Description of the task -
Restrict the output to the lines below starting at the one that contains "filename src/Store/Users.antt" and ending at the one that contains "public_id = seed.public_id;", and restate them word for word, both ends included.

- Opening Delimiter -

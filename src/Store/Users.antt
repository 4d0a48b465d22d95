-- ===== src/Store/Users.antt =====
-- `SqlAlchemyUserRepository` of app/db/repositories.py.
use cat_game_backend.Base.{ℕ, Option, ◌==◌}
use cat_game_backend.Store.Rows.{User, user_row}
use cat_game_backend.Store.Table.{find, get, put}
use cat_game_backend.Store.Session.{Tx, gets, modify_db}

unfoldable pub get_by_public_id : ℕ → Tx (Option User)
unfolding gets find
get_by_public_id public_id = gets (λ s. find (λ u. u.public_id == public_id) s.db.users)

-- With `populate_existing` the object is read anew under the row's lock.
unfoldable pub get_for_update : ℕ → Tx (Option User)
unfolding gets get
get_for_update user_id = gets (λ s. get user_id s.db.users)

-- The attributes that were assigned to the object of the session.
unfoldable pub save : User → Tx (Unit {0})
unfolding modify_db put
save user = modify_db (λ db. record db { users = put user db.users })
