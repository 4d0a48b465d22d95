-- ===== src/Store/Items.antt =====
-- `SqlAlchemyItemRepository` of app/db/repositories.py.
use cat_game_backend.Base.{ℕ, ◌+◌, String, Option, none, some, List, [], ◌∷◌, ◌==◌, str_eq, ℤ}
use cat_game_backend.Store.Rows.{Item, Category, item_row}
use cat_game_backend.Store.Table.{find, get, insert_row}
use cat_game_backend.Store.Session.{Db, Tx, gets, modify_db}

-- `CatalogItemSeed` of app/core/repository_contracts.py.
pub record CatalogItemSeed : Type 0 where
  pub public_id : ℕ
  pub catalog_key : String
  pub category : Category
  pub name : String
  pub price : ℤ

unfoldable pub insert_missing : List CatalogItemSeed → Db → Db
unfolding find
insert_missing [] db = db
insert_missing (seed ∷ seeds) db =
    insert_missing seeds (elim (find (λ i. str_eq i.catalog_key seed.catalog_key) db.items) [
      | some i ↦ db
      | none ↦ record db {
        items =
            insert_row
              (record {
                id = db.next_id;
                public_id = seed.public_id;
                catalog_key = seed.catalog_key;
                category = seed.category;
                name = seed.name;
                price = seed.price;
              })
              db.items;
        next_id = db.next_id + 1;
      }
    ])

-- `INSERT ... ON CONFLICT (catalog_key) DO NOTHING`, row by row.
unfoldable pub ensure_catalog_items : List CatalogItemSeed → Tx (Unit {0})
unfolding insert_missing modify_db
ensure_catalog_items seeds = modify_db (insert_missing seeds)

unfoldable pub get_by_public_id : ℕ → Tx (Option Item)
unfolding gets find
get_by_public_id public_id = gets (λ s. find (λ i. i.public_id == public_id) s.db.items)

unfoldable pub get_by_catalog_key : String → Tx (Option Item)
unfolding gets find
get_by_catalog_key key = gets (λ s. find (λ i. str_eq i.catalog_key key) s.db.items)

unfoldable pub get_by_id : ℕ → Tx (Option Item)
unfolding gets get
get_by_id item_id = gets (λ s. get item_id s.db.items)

- Closing Delimiter -
- Opening Delimiter -

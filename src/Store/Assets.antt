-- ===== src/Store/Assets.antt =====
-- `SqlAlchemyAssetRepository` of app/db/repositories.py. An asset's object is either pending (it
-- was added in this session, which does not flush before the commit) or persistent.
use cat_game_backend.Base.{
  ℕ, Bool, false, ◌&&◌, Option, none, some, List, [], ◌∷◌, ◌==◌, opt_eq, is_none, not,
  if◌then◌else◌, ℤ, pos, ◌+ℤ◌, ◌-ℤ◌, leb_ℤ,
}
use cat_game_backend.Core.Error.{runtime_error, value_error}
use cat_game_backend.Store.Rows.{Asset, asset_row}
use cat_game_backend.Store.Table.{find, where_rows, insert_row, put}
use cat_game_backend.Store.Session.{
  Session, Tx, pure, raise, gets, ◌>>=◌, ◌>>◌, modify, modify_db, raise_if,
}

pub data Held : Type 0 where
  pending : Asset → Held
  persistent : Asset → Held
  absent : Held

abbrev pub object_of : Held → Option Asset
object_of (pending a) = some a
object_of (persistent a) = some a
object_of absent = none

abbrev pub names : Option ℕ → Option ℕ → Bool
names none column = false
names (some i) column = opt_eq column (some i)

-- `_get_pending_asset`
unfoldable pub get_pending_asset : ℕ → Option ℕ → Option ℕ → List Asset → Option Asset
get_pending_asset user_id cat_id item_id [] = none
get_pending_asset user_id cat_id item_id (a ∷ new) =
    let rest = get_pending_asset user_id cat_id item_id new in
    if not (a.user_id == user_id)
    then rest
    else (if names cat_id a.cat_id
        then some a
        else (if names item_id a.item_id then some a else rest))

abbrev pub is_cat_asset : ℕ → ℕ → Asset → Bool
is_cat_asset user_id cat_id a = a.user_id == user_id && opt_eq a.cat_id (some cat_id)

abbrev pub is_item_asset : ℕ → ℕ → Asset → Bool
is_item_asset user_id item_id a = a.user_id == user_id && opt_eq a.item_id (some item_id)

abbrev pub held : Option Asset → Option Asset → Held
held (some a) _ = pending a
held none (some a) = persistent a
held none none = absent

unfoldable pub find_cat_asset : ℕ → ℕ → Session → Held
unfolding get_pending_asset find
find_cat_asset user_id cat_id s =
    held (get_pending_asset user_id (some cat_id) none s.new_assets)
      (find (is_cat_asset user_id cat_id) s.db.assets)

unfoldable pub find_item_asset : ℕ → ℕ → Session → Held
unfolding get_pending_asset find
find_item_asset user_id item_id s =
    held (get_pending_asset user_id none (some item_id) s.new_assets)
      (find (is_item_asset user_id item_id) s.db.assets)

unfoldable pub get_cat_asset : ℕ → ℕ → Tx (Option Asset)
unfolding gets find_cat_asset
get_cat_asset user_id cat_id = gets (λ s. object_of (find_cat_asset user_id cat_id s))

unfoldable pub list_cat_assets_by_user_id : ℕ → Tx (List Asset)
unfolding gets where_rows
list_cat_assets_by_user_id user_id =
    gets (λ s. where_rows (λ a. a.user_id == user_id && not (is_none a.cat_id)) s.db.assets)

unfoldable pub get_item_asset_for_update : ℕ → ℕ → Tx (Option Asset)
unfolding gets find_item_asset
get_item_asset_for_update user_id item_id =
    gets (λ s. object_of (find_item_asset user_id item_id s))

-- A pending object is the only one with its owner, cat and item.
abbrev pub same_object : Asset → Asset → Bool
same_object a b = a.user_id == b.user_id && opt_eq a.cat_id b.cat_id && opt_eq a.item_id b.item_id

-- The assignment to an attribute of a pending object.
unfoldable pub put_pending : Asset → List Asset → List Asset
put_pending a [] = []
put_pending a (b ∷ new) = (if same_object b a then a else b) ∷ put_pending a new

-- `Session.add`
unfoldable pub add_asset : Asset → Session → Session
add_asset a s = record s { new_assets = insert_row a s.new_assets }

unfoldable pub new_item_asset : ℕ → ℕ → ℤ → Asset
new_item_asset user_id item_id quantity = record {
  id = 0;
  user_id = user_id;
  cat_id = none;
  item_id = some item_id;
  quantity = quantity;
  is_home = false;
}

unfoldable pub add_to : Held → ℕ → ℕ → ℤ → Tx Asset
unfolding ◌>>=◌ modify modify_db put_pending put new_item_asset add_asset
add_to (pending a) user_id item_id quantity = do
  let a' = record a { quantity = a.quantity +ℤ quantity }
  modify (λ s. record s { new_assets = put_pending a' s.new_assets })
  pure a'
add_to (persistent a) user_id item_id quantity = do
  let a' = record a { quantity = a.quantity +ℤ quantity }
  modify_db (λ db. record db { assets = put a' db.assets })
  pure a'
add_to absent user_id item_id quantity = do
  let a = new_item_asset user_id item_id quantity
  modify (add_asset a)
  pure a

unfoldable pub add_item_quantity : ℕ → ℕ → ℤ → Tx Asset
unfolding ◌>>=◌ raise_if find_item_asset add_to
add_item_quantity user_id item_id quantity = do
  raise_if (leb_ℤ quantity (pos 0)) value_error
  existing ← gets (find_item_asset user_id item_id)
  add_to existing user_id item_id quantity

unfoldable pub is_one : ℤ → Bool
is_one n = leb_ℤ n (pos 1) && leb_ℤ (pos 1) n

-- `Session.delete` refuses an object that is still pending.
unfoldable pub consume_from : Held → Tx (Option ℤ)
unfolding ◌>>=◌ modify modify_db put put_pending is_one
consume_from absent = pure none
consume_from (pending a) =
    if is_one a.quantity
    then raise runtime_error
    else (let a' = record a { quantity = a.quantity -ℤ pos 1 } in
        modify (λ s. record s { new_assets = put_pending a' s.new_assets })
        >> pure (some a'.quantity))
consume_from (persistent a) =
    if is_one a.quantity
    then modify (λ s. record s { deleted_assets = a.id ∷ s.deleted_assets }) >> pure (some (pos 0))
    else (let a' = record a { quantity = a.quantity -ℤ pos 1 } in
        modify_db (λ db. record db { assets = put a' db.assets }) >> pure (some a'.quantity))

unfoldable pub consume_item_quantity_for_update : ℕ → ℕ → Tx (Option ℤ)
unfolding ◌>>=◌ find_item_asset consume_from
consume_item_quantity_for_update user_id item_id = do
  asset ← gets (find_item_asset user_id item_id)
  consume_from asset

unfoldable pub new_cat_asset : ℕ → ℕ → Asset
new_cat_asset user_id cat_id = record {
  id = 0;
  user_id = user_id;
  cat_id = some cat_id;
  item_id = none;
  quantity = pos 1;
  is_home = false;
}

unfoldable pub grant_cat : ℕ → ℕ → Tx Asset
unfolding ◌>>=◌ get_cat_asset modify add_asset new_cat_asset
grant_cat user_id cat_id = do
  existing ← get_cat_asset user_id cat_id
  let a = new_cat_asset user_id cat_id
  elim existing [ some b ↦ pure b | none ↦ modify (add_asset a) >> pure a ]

- Closing Delimiter -

Reply -
filename src/Store/Users.antt
repository 4d0a48b465d22d95
-- ===== src/Store/Users.antt =====
-- `SqlAlchemyUserRepository` of app/db/repositories.py.
use cat_game_backend.Base.{ℕ, Option, ◌==◌}
use cat_game_backend.Store.Rows.{User, user_row}
use cat_game_backend.Store.Table.{find, get, put}
use cat_game_backend.Store.Session.{Tx, gets, modify_db}

unfoldable pub get_by_public_id : ℕ → Tx (Option User)
unfolding gets find
get_by_public_id public_id = gets (λ s. find (λ u. u.public_id == public_id) s.db.users)

-- With `populate_existing` the object is read anew under the row's lock.
unfoldable pub get_for_update : ℕ → Tx (Option User)
unfolding gets get
get_for_update user_id = gets (λ s. get user_id s.db.users)

-- The attributes that were assigned to the object of the session.
unfoldable pub save : User → Tx (Unit {0})
unfolding modify_db put
save user = modify_db (λ db. record db { users = put user db.users })
repository 4d0a48b465d22d95
-- ===== src/Store/Items.antt =====
-- `SqlAlchemyItemRepository` of app/db/repositories.py.
use cat_game_backend.Base.{ℕ, ◌+◌, String, Option, none, some, List, [], ◌∷◌, ◌==◌, str_eq, ℤ}
use cat_game_backend.Store.Rows.{Item, Category, item_row}
use cat_game_backend.Store.Table.{find, get, insert_row}
use cat_game_backend.Store.Session.{Db, Tx, gets, modify_db}

-- `CatalogItemSeed` of app/core/repository_contracts.py.
pub record CatalogItemSeed : Type 0 where
  pub public_id : ℕ
  pub catalog_key : String
  pub category : Category
  pub name : String
  pub price : ℤ

unfoldable pub insert_missing : List CatalogItemSeed → Db → Db
unfolding find
insert_missing [] db = db
insert_missing (seed ∷ seeds) db =
    insert_missing seeds (elim (find (λ i. str_eq i.catalog_key seed.catalog_key) db.items) [
      | some i ↦ db
      | none ↦ record db {
        items =
            insert_row
              (record {
                id = db.next_id;
                public_id = seed.public_id;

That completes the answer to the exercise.